Your goal –
Nothing after the line containing "-- The optional" belongs in the answer; write out exactly every line from the start of the material up to it, including it.
--- Exercise inputs ---
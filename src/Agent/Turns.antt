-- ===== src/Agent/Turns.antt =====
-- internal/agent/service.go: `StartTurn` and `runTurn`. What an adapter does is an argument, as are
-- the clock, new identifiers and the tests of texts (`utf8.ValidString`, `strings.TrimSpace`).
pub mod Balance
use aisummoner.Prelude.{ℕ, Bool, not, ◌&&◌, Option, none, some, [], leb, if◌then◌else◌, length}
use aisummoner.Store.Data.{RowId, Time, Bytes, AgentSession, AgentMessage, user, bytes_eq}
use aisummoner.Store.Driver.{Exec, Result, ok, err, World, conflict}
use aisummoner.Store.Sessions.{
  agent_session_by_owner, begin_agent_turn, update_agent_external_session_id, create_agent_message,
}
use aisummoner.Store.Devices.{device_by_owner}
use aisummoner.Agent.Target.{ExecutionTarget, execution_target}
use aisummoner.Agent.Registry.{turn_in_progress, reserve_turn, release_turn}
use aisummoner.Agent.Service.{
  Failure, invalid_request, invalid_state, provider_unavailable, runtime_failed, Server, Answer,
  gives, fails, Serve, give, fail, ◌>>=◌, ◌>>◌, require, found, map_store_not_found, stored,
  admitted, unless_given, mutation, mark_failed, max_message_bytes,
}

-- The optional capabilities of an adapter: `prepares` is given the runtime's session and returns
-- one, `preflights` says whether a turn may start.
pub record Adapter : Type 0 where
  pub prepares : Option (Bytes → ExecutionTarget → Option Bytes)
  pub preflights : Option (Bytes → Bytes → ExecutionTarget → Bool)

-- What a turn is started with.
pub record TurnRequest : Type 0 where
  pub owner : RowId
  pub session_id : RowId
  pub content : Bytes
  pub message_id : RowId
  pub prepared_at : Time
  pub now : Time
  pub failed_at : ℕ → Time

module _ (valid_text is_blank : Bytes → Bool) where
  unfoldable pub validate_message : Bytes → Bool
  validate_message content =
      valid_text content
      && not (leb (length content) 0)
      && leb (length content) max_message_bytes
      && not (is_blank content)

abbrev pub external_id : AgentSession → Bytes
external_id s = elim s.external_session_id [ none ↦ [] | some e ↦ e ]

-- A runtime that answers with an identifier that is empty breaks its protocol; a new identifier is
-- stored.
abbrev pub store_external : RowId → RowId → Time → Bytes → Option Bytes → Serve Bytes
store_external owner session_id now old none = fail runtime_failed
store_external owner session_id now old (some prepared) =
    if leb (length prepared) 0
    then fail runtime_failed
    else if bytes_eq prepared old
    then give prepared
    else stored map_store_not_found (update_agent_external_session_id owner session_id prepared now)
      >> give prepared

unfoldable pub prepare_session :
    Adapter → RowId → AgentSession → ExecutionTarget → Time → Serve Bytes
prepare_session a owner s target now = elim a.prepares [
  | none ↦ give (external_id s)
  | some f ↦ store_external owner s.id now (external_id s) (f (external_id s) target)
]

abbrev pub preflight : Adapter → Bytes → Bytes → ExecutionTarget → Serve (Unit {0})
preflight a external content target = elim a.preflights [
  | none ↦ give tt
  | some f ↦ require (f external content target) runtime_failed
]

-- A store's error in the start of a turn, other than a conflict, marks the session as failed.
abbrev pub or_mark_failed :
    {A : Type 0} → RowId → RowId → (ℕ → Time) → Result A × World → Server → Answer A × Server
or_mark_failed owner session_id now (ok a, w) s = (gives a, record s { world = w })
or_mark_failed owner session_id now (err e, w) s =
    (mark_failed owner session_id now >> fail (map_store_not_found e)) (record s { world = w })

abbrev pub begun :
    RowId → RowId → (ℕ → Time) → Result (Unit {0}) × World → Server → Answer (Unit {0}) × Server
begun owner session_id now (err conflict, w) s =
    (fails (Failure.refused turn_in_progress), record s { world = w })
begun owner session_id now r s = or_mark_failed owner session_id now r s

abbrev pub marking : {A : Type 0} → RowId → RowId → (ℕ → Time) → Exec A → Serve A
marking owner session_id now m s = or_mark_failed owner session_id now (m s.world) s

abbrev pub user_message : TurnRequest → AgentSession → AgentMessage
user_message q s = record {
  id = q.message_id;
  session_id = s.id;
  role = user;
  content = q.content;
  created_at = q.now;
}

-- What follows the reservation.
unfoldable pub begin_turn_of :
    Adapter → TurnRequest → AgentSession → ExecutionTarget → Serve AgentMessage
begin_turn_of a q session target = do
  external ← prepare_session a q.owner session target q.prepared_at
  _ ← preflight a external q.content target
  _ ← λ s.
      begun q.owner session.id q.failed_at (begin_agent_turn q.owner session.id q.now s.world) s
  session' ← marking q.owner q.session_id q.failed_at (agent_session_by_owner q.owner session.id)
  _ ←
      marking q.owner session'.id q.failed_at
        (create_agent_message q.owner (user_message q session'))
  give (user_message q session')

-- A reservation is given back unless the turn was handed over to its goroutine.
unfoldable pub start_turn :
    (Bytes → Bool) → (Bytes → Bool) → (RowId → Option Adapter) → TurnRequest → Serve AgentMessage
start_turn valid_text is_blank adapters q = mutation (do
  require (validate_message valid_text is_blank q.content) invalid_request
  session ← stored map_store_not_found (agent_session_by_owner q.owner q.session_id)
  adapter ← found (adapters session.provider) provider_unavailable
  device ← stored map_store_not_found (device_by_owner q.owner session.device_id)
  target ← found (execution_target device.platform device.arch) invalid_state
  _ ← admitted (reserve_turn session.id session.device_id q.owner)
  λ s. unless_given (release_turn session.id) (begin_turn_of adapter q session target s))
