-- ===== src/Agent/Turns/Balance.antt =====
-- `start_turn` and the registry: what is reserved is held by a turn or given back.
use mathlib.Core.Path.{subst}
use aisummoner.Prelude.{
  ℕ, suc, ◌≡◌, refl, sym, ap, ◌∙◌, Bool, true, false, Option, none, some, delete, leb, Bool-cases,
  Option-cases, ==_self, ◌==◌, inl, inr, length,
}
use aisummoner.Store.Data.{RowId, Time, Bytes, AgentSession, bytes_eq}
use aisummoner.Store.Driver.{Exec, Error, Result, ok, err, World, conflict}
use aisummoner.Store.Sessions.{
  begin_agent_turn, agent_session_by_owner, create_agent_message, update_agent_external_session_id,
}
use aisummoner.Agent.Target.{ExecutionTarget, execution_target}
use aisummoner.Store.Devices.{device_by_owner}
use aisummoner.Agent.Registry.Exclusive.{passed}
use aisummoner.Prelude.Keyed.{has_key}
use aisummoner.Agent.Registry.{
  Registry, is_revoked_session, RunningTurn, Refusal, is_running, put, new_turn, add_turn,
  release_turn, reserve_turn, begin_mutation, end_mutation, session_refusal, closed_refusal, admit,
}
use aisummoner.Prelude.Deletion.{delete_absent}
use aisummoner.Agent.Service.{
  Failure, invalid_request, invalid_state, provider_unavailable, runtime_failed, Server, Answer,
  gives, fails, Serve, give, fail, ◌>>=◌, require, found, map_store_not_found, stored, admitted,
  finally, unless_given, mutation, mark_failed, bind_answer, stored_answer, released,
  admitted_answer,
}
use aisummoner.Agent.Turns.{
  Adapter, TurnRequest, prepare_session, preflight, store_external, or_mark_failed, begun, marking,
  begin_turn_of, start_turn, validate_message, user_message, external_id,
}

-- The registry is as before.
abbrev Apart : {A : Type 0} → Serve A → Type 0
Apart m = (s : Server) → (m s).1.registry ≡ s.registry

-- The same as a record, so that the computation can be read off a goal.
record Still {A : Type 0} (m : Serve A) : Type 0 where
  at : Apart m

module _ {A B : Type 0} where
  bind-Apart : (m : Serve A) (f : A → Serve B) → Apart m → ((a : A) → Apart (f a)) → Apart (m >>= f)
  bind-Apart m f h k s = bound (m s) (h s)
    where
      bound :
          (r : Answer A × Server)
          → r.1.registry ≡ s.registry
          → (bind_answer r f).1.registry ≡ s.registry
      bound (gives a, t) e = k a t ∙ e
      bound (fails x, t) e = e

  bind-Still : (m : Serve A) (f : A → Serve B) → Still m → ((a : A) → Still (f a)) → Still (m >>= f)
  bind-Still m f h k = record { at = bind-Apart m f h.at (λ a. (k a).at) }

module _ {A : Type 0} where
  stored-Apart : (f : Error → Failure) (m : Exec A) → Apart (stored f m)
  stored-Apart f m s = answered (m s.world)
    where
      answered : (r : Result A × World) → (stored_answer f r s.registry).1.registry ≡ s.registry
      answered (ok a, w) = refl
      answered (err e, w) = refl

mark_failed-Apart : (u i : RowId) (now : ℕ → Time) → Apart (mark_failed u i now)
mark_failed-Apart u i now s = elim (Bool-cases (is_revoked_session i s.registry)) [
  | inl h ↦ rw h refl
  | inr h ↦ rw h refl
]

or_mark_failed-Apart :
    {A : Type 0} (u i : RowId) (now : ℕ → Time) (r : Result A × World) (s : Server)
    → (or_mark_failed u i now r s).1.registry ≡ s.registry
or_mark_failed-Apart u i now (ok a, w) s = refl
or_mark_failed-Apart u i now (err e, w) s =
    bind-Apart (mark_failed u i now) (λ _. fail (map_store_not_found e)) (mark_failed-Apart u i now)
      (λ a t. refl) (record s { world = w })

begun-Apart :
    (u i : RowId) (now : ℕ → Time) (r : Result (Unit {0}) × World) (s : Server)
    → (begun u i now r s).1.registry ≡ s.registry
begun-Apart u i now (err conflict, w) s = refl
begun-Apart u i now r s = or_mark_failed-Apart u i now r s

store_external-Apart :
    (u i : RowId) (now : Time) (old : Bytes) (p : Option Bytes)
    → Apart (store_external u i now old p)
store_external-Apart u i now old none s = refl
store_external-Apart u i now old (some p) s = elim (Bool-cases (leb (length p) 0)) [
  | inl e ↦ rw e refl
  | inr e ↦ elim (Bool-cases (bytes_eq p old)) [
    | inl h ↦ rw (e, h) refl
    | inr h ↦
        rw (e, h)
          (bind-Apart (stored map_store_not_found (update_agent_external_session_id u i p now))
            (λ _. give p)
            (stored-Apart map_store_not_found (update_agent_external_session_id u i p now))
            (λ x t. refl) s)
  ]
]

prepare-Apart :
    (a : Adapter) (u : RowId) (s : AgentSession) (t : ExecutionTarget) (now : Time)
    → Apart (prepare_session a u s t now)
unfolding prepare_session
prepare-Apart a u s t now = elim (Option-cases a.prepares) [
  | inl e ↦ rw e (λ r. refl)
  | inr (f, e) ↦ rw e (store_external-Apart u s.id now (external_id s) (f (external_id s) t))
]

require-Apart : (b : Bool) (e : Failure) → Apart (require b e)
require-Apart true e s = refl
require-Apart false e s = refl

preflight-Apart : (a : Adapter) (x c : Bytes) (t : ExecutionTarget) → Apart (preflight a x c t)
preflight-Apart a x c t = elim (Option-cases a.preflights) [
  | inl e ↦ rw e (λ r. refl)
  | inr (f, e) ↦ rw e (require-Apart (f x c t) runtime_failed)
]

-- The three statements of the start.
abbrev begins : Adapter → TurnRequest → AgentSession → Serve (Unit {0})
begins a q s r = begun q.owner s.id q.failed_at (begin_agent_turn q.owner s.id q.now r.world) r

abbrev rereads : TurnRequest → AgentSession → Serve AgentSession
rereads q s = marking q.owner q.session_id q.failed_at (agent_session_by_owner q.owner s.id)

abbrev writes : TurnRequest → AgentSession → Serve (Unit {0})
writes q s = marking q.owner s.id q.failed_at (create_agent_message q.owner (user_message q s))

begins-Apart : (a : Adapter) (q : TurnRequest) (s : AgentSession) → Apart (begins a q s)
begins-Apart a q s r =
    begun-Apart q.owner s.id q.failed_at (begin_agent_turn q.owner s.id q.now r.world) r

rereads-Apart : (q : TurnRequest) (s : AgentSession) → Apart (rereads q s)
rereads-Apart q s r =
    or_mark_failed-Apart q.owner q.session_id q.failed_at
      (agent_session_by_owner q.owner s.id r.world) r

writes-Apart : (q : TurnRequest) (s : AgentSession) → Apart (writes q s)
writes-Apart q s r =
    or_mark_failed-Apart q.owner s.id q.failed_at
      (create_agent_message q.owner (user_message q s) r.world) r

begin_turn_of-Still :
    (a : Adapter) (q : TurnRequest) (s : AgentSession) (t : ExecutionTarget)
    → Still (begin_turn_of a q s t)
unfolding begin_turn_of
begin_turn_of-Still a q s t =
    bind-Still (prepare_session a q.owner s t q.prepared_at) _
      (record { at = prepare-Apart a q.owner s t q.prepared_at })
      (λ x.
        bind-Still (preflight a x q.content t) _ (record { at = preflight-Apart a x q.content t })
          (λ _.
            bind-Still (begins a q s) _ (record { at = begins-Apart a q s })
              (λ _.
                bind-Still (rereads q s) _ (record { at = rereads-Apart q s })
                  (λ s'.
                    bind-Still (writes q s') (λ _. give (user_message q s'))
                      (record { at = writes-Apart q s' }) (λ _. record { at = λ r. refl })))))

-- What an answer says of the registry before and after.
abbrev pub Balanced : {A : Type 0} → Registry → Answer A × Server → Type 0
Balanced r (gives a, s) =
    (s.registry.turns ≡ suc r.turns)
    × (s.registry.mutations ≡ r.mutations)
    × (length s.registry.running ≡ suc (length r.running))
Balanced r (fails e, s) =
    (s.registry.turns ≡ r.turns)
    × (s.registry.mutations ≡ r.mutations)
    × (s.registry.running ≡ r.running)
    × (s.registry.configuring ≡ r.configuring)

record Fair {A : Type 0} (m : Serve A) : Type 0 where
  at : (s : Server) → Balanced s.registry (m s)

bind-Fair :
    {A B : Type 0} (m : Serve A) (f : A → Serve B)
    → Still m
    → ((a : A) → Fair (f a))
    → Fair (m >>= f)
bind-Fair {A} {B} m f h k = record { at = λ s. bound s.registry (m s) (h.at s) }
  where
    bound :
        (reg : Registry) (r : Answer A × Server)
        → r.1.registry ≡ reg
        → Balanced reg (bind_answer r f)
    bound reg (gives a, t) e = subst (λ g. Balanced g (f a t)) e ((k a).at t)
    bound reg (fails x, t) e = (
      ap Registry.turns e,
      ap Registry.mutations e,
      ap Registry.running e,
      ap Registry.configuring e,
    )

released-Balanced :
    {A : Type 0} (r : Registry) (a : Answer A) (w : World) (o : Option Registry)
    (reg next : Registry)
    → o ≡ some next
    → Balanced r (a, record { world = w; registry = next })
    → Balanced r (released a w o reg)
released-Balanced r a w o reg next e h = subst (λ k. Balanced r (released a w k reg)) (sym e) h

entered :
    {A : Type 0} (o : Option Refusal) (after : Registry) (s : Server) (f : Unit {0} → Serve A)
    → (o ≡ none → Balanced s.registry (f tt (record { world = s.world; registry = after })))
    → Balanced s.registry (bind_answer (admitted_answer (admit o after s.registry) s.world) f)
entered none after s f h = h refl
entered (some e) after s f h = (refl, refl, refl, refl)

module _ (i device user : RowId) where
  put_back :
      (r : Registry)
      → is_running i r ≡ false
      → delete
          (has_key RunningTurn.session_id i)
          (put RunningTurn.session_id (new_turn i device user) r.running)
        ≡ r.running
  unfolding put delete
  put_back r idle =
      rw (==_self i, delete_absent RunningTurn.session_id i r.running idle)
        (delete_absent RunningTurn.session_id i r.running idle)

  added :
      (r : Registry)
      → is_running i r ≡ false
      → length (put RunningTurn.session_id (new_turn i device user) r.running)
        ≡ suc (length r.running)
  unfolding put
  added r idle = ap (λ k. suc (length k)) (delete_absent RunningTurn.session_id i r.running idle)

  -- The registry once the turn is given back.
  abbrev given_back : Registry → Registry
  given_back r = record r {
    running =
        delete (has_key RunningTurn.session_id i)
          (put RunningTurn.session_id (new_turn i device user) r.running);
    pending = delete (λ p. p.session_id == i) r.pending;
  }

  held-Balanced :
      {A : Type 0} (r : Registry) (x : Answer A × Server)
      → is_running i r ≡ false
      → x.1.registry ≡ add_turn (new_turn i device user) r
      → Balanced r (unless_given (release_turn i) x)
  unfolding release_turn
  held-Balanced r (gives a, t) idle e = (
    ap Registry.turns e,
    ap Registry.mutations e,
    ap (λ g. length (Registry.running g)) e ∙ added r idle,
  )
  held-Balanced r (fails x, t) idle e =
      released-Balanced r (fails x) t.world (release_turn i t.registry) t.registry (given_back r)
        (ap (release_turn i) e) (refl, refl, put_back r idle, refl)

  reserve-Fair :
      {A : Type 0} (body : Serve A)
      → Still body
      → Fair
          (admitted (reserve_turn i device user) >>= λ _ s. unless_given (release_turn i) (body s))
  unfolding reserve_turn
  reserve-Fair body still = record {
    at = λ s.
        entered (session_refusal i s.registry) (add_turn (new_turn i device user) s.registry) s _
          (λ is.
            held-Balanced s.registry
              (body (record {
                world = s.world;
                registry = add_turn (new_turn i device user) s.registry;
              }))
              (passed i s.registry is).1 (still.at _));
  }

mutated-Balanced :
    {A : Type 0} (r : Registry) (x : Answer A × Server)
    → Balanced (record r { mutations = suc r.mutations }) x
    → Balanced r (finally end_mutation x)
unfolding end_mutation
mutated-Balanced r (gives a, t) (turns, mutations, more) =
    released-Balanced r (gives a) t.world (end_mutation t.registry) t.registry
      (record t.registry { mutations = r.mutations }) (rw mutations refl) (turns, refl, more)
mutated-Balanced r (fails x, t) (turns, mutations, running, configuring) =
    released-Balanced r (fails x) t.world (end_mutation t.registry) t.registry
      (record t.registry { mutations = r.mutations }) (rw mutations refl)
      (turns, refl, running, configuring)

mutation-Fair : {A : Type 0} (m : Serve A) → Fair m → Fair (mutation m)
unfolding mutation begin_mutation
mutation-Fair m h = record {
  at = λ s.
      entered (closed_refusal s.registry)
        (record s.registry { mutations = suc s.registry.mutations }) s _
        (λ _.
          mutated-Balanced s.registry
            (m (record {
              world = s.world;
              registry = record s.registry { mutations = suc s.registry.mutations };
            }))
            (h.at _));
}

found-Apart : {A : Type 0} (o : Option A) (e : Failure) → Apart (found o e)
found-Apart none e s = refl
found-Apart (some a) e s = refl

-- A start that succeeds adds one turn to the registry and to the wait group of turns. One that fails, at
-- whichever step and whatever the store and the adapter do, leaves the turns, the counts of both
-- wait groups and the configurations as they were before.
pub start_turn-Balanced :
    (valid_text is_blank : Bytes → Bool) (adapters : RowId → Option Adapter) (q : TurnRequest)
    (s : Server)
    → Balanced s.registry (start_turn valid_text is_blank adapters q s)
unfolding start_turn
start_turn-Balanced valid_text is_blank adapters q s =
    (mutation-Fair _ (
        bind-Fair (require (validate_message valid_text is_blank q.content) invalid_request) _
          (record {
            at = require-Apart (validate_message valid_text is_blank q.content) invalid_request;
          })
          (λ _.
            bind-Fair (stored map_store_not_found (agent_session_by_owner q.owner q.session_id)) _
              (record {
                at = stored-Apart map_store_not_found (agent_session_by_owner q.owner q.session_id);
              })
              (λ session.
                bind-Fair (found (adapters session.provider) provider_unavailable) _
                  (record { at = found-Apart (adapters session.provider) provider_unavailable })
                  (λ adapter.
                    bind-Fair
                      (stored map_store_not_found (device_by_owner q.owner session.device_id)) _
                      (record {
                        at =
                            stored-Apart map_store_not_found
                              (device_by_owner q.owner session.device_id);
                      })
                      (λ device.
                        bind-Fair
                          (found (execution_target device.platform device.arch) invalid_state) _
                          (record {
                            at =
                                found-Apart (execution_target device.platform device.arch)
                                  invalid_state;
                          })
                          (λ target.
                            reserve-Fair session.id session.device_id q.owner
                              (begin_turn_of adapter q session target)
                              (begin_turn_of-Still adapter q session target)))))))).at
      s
---
Response –
filename src/Agent/Turns.antt
-- ===== src/Agent/Turns.antt =====
-- internal/agent/service.go: `StartTurn` and `runTurn`. What an adapter does is an argument, as are
-- the clock, new identifiers and the tests of texts (`utf8.ValidString`, `strings.TrimSpace`).
pub mod Balance
use aisummoner.Prelude.{ℕ, Bool, not, ◌&&◌, Option, none, some, [], leb, if◌then◌else◌, length}
use aisummoner.Store.Data.{RowId, Time, Bytes, AgentSession, AgentMessage, user, bytes_eq}
use aisummoner.Store.Driver.{Exec, Result, ok, err, World, conflict}
use aisummoner.Store.Sessions.{
  agent_session_by_owner, begin_agent_turn, update_agent_external_session_id, create_agent_message,
}
use aisummoner.Store.Devices.{device_by_owner}
use aisummoner.Agent.Target.{ExecutionTarget, execution_target}
use aisummoner.Agent.Registry.{turn_in_progress, reserve_turn, release_turn}
use aisummoner.Agent.Service.{
  Failure, invalid_request, invalid_state, provider_unavailable, runtime_failed, Server, Answer,
  gives, fails, Serve, give, fail, ◌>>=◌, ◌>>◌, require, found, map_store_not_found, stored,
  admitted, unless_given, mutation, mark_failed, max_message_bytes,
}

-- The optional capabilities of an adapter: `prepares` is given the runtime's session and returns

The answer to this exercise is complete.